━━━━━ MATERIAL SUPPLIED

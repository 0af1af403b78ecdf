-- ===== src/Memory/Policy.antt =====
-- services/memory_policy.py: the access list and the namespaces that a stage needs; and the memory contract
-- of services/orchestrator.py.
pub mod Contract
use aicti.Base.{
  String, ◌==◌, concat, Bool, true, false, ◌&&◌, not, Option, none, some, List, [], ◌∷◌, keep, elem,
  split_once, Result, ok, err, if◌then◌else◌, is_empty,
}
use aicti.Value.{Value}
use aicti.Db.{Db, MemoryView}

-- A namespace and the operations on it that a role has.
abbrev pub Permissions : Type 0
Permissions = List (String × List String)

abbrev pub acl : List (String × Permissions)
acl =
    ("evidence_agent", ("evidence.working_set", "write" ∷ []) ∷ [])
    ∷ (
      "attack_mapping_agent",
      ("evidence.working_set", "read" ∷ []) ∷ ("attack_mapping.hypotheses", "write" ∷ []) ∷ [],
    )
    ∷ (
      "detection_spec_agent",
      ("evidence.working_set", "read" ∷ [])
          ∷ ("attack_mapping.hypotheses", "read" ∷ [])
          ∷ ("detection_spec.draft", "write" ∷ [])
          ∷ [],
    )
    ∷ (
      "rule_generation_agent",
      ("detection_spec.draft", "read" ∷ []) ∷ ("rule_generation.draft", "write" ∷ []) ∷ [],
    )
    ∷ (
      "static_validation",
      ("rule_generation.draft", "read" ∷ []) ∷ ("validation.findings", "write" ∷ []) ∷ [],
    )
    ∷ (
      "critic_agent",
      ("rule_generation.draft", "read" ∷ [])
          ∷ ("validation.findings", "read" ∷ [])
          ∷ ("refinement.plan", "write" ∷ [])
          ∷ [],
    )
    ∷ ("review_service", ("review.handoff", "read" ∷ "write" ∷ []) ∷ [])
    ∷ []

-- `dict.get`
abbrev pub find_key : {A : Type 0} → String → List (String × A) → Option A
find_key key [] = none
find_key key ((k, a) ∷ rest) = if k == key then some a else find_key key rest

unfoldable pub permits : Option Permissions → String → String → Bool
permits none namespace operation = false
permits (some permissions) namespace operation = elim (find_key namespace permissions) [
  | none ↦ false
  | some operations ↦ elem ◌==◌ operation operations
]

-- `can_access`; the stage and the state of the run are not read.
unfoldable pub can_access_by_acl : String → String → String → String → String → Bool
can_access_by_acl role namespace operation stage run_state =
    permits (find_key role acl) namespace operation

abbrev pub required_stage_contracts : List (String × List String)
required_stage_contracts =
    ("rule_generation", "detection_spec.draft" ∷ [])
    ∷ ("static_validation", "rule_generation.draft" ∷ [])
    ∷ []

-- `REQUIRED_STAGE_CONTRACTS.get(stage, ())`
unfoldable pub contract_of : String → List String
contract_of stage = elim (find_key stage required_stage_contracts) [
  | none ↦ []
  | some namespaces ↦ namespaces
]

unfoldable pub stage_contract_missing : String → List String → List String
stage_contract_missing stage available = keep (λ n. not (elem ◌==◌ n available)) (contract_of stage)

unfoldable pub second_part : Option (String × String) → String
second_part none = ""
second_part (some (front, back)) = back

-- `":"` is the character 58.
unfoldable pub namespace_from_scope : String → String
namespace_from_scope scope = second_part (split_once 58 scope)

-- What one row adds.
unfoldable pub add_namespace : String → Option Value → List String → List String
add_namespace namespace none namespaces = namespaces
add_namespace namespace (some value) namespaces =
    if namespace == "" then namespaces else namespace ∷ namespaces

-- The set, as a list.
unfoldable pub latest_payload_namespaces : List MemoryView → List String
latest_payload_namespaces [] = []
latest_payload_namespaces (row ∷ rows) =
    add_namespace (namespace_from_scope row.scope) row.value (latest_payload_namespaces rows)

-- The `PipelineTransitionError` that names the stage and what it lacks.
pub data ContractError : Type 0 where
  contract_missing : String → List String → ContractError

unfoldable pub none_missing : String → List String → Result ContractError (Unit {0})
none_missing stage [] = ok tt
none_missing stage (n ∷ ns) = err (contract_missing stage (n ∷ ns))

-- `like` is SQL's operator.
unfoldable pub available_namespaces : (String → String → Bool) → String → Db → List String
available_namespaces like run_id db = latest_payload_namespaces (
    keep (λ (v : MemoryView). like v.scope (concat run_id ":%") && v.key == "latest")
      db.memory_views)

unfoldable pub require_memory_contract :
    (String → String → Bool) → String → String → Db → Result ContractError (Unit {0})
require_memory_contract like run_id stage db =
    none_missing stage (stage_contract_missing stage (available_namespaces like run_id db))
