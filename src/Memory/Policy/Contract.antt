-- ===== src/Memory/Policy/Contract.antt =====
-- The memory contract of a stage after a write of the memory service.
use text.Mathlib.TextLemmas.{cons-append, nil-append}
use aicti.Base.{
  ℕ, suc, String, ◌==◌, concat, ◌≡◌, refl, sym, ap, ◌∙◌, eq_refl, eq_iff, Bool, true, false, ◌&&◌,
  Option, none, some, List, [], ◌∷◌, keep, elem, first, split_once, split_once-append, ok, arith,
  Bool-cases, inl, inr, and_true,
}
use aicti.Value.{Value}
use aicti.Library.{Library}
use aicti.Db.{Db, MemoryView}
use aicti.Db.Action.{Action, ◌>>=◌, require, >>=-continues, require_same}
use aicti.Memory.{MemoryError, access_denied, version_conflict, MemoryWriteResult, latest_of}
use aicti.Memory.Service.{
  MemoryWrite, Policy, scope_of, put_view, write, current_state, is_version, append_event,
  view_payload, event_hash_of,
}
use aicti.Memory.Appends.{append_event-views}
use aicti.Memory.Policy.{
  namespace_from_scope, second_part, add_namespace, latest_payload_namespaces, available_namespaces,
  contract_of, stage_contract_missing, none_missing, require_memory_contract,
}

namespace_from_scope-scope_of :
    (w : MemoryWrite)
    → split_once 58 w.run_id ≡ none
    → namespace_from_scope (scope_of w) ≡ w.namespace
unfolding namespace_from_scope second_part scope_of
namespace_from_scope-scope_of w h =
    ap (λ t. second_part (split_once 58 (concat w.run_id t)))
      (cons-append _ "" w.namespace ∙ ap (String.◌∷◌ ":") (nil-append w.namespace))
    ∙ ap second_part (split_once-append 58 w.run_id w.namespace ":" h refl)

elem-add_namespace :
    (n m : String) (value : Option Value) (namespaces : List String)
    → elem ◌==◌ n namespaces ≡ true
    → elem ◌==◌ n (add_namespace m value namespaces) ≡ true
unfolding add_namespace
elem-add_namespace n m none namespaces h = h
elem-add_namespace n m (some value) namespaces h = ground (arith, h)

as_latest :
    (scope : String) (view : MemoryView)
    → latest_of scope view ≡ true
    → (view.scope == scope && view.key == "latest") ≡ true
unfolding latest_of
as_latest scope view h = h

-- The namespace of the view that was written is available.
elem-put_view :
    (scope namespace : String) (value : Value) (p : String → Bool) (views : List MemoryView)
    → namespace_from_scope scope ≡ namespace
    → (namespace == "") ≡ false
    → p scope ≡ true
    → elem ◌==◌ namespace (
        latest_payload_namespaces
          (keep (λ (v : MemoryView). p v.scope && v.key == "latest") (put_view scope value views)))
      ≡ true
unfolding put_view latest_payload_namespaces add_namespace
elem-put_view scope namespace value p [] h filled selected =
    rw selected (rw h (rw filled (rw (eq_refl namespace) refl)))
elem-put_view scope namespace value p (view ∷ views) h filled selected =
    elim (Bool-cases (latest_of scope view)) [
      | inl e ↦
          let (here, key) =
            and_true (view.scope == scope) (view.key == "latest") (as_latest scope view e) in
          let same = (eq_iff view.scope scope).0 here in
          rw e (
            rw (ap p same ∙ selected) (
              rw key
                (rw (ap namespace_from_scope same ∙ h) (rw filled (rw (eq_refl namespace) refl)))))
      | inr e ↦
          let ih = elem-put_view scope namespace value p views h filled selected in
          rw e (elim (Bool-cases (p view.scope && view.key == "latest")) [
            | inl f ↦
                rw f
                  (elem-add_namespace namespace (namespace_from_scope view.scope) view.value _ ih)
            | inr f ↦ rw f ih
          ])
    ]

-- A write that returns has put its view into the database.
write-views :
    (library : Library) (to_int : Value → Option Value) (policy : Policy) (uuid4 : ℕ → String)
    (w : MemoryWrite) (db : Db) (result : MemoryWriteResult)
    → (write library to_int policy uuid4 w db).0 ≡ ok result
    → (value : Value) × ((write library to_int policy uuid4 w db).1.memory_views
        ≡ put_view (scope_of w) value db.memory_views)
unfolding write
write-views library to_int policy uuid4 w db result h =
    let scope = scope_of w in
    let read : Action MemoryError (Value × Option String) =
      λ d. (current_state library to_int (first (latest_of scope) d.memory_views), d) in
    let append =
      λ (s : Value × Option String). append_event library uuid4 w (suc w.expected_version) s.1 in
    let checked = λ (s : Value × Option String).
      require (is_version s.0 w.expected_version) version_conflict >>= λ _. append s in
    let granted = require (policy w.role w.namespace w.operation w.stage "active") access_denied in
    let (u, first_step) = >>=-continues result granted (λ _. read >>= checked) db h in
    let at_db =
      require_same (policy w.role w.namespace w.operation w.stage "active") access_denied db in
    let read_ok = ap (λ o. o.0) (sym (first_step ∙ ap (read >>= checked) at_db)) ∙ h in
    let (s, second_step) = >>=-continues result read checked db read_ok in
    let check_ok = ap (λ o. o.0) (sym second_step) ∙ read_ok in
    let (v, third_step) =
      >>=-continues result (require (is_version s.0 w.expected_version) version_conflict)
        (λ _. append s) db check_ok in
    let done =
      first_step
      ∙ ap (read >>= checked) at_db
      ∙ second_step
      ∙ third_step
      ∙ ap (append s) (require_same (is_version s.0 w.expected_version) version_conflict db) in
    (
      view_payload library w (suc w.expected_version)
          (event_hash_of library w (suc w.expected_version) s.1),
      ap (λ o. o.1.memory_views) done
          ∙ append_event-views library uuid4 w db s.1 w.expected_version result
              (ap (λ o. o.0) (sym done) ∙ h),
    )

-- If a write returns, its namespace is not empty, the run's identifier has no colon and `LIKE` selects the
-- scopes of the run that the write is for: the namespace is then available to the run, and the memory
-- contract is met for every stage that requires that namespace only.
pub write-require_memory_contract :
    (library : Library) (to_int : Value → Option Value) (policy : Policy) (uuid4 : ℕ → String)
    (w : MemoryWrite) (db : Db) (result : MemoryWriteResult) (like : String → String → Bool)
    (stage : String)
    → (write library to_int policy uuid4 w db).0 ≡ ok result
    → (w.namespace == "") ≡ false
    → split_once 58 w.run_id ≡ none
    → like (scope_of w) (concat w.run_id ":%") ≡ true
    → contract_of stage ≡ w.namespace ∷ []
    → (elem ◌==◌ w.namespace
          (available_namespaces like w.run_id (write library to_int policy uuid4 w db).1)
        ≡ true)
      × (require_memory_contract like w.run_id stage (write library to_int policy uuid4 w db).1
          ≡ ok tt)
unfolding available_namespaces require_memory_contract stage_contract_missing none_missing
write-require_memory_contract library to_int policy uuid4 w db result like stage h filled plain
      selected contract =
    let (value, stored) = write-views library to_int policy uuid4 w db result h in
    let available =
      elem-put_view (scope_of w) w.namespace value (λ s. like s (concat w.run_id ":%"))
        db.memory_views (namespace_from_scope-scope_of w plain) filled selected in
    (rw stored available, rw stored (rw contract (rw available refl)))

━━━━━━━━━━

* [WHAT TO PRODUCE]: Repeat only the lines from the one holding "unfolding available_namespaces require_memory_contract" through the last line of the data.

* [ANSWER SPACE]:
unfolding available_namespaces require_memory_contract stage_contract_missing none_missing
write-require_memory_contract library to_int policy uuid4 w db result like stage h filled plain
      selected contract =
    let (value, stored) = write-views library to_int policy uuid4 w db result h in
    let available =
      elem-put_view (scope_of w) w.namespace value (λ s. like s (concat w.run_id ":%"))
        db.memory_views (namespace_from_scope-scope_of w plain) filled selected in
    (rw stored available, rw stored (rw contract (rw available refl)))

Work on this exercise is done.